# Transmission Behavior When Cold



## diesel (Jun 8, 2013)

So I think my car has been doing this all along but I just started paying attention in the past couple days and wanted to get input from my fellow Dieselers. When I first start out and for the first couple miles, it seems like the transmission is almost slipping, but that's not entirely accurate. It is probably better stated as the torque converter is not locking up. It will not hold steady revs relative to speed. Once the car warms up, every gear "locks in" and the engine RPMs are directly related to your speed in a given gear, just like a manual transmission. Has anybody else noticed this cold behavior?


----------



## bigluke (Aug 18, 2013)

It seems to hold low gear in higher rpms to heat up all fluids faster...imo


----------



## VtTD (Nov 5, 2013)

diesel said:


> So I think my car has been doing this all along but I just started paying attention in the past couple days and wanted to get input from my fellow Dieselers. When I first start out and for the first couple miles, it seems like the transmission is almost slipping, but that's not entirely accurate. It is probably better stated as the torque converter is not locking up. It will not hold steady revs relative to speed. Once the car warms up, every gear "locks in" and the engine RPMs are directly related to your speed in a given gear, just like a manual transmission. Has anybody else noticed this cold behavior?
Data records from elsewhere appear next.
-- ===== src/Tests/DeliveryRuns.antt =====
-- Runs of src/broker/delivery.ts.
use xbus.Base.{
  ◌≤◌, ◌≡◌, refl, length, All, IsOrdered, true, false, List, [], ◌∷◌, none, some, count_where,
  exists_where, first_where, insert_by, order_by, select_where, update_where, greatest_by,
}
use xbus.Protocol.States.{DeliveryState}
use xbus.Identity.Components.{Operation, is_allowed, assert_allowed}
use xbus.Broker.Controls.{get_control, auto_delivery_enabled}
use xbus.Broker.Db.{Db, Message, Injection, audit}
use xbus.Broker.Readiness.{accepts_injection}
use xbus.Broker.Injections.{
  issue, injected, pulled_at, same_checkpoint, authorize, authorize_by, candidate, check_injection,
}
use xbus.Broker.Delivery.Sessions.{
  authorized, assert_current_epoch, session_row, readiness_of, IsCurrent,
}
use xbus.Broker.Delivery.Checkpoint.{
  PendingMessage, checkpoint_pull, gated_pull, pull_pending, inject_all, inject_message,
  pending_for_session_id, due_messages, message_row, is_pending, log_write, mark_written, present,
  complete_if_no_response_required,
}
use xbus.Broker.Delivery.Presented.{Handed, checkpoint_pull-Handed}
use xbus.Broker.Delivery.Ack.{
  ack, ack_message, ack_of, ack_received, ack_by, ack_receipt, settle_if, settle, settled, accept,
  authorize_context, authorize_op, AckResult,
}
use xbus.Broker.Delivery.Acked.{ack-Authorizes, Authorizes}
use xbus.Broker.Delivery.Repeated.{ack_again, repeated}
use xbus.Broker.Delivery.Due.{Due, pending_for_session_id_lem}
use xbus.Tests.Data.{
  env, later, hook_auth, mcp_auth, queued_db, written_db, checkpoint, message, session, acceptance,
  rejection,
}

abbrev pub handed_out : List PendingMessage
handed_out =
    record { message = message 10; injection_id = 101 }
    ∷ record { message = message 11; injection_id = 104 }
    ∷ []

checkpoint_pull-Handed_example :
    Handed queued_db (checkpoint_pull env hook_auth checkpoint 10 queued_db).0 2 handed_out
unfolding checkpoint_pull authorized assert_allowed is_allowed assert_current_epoch session_row
    first_where gated_pull accepts_injection readiness_of auto_delivery_enabled get_control
    pull_pending inject_all pending_for_session_id order_by insert_by due_messages message_row
    is_pending inject_message count_where mark_written log_write update_where select_where issue
    injected exists_where pulled_at same_checkpoint present audit complete_if_no_response_required
checkpoint_pull-Handed_example =
    checkpoint_pull-Handed env hook_auth checkpoint 10 queued_db handed_out refl

abbrev pub first_result : AckResult
first_result = record { state = some DeliveryState.accepted; duplicate = false }

abbrev accepted_db : Db
accepted_db = (ack env mcp_auth acceptance written_db).0

ack-Authorizes_example :
    (is_allowed mcp_auth.role Operation.ack ≡ true)
    × IsCurrent mcp_auth written_db
    × ((m : Message) × (message_row 10 written_db.messages ≡ some m) × (m.recipient_session_id ≡ 7))
    × ((i : Injection) × (candidate (authorize_context mcp_auth 10 none) written_db.injections
          ≡ some i)
        × Authorizes env mcp_auth 10 i)
unfolding ack authorized assert_allowed is_allowed assert_current_epoch session_row first_where
    ack_message message_row ack_of ack_received ack_receipt ack_by authorize_op authorize
    authorize_by candidate select_where greatest_by check_injection settle_if settle count_where
    settled
ack-Authorizes_example =
    ack-Authorizes env mcp_auth acceptance written_db first_result refl refl refl

ack_again_example :
    ack later mcp_auth rejection accepted_db ≡ (accepted_db, repeated accept rejection accepted_db)
unfolding ack authorized assert_allowed is_allowed assert_current_epoch session_row first_where
    ack_message message_row ack_of ack_received ack_receipt ack_by authorize_op authorize
    authorize_by candidate select_where greatest_by check_injection settle_if settle count_where
    settled
ack_again_example =
    ack_again env later mcp_auth acceptance rejection written_db first_result refl refl

written_session : IsCurrent mcp_auth written_db
unfolding session_row first_where
written_session = (session 7, refl, refl)

pending_for_session_id_lem_example :
    (length (pending_for_session_id env 7 5 queued_db) ≤ 5)
    × IsOrdered (λ m. m.recipient_sequence) (pending_for_session_id env 7 5 queued_db)
    × All (Due 5000 7 queued_db.deliveries) (pending_for_session_id env 7 5 queued_db)
pending_for_session_id_lem_example = pending_for_session_id_lem env 7 5 queued_db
My transmission definitely stays in lower gears initially until things get moving. Probably the first mile or two like you said. In the morning my car gets well into the 2000s before it shifts to the next gear when I am going about 10-15mph (not sure exactly what gear it's "sticking" in). Usually the transition from that gear to the next is pretty abrupt when it happens, as would be expected for the car revving so high. I'd imagine it's trying to warm itself up.


----------



## jblackburn (Apr 14, 2012)

Aisin probably had a big hand in the programming for these things. This is pretty typical behavior for every one I've had (especially first gear holding out for a long time). 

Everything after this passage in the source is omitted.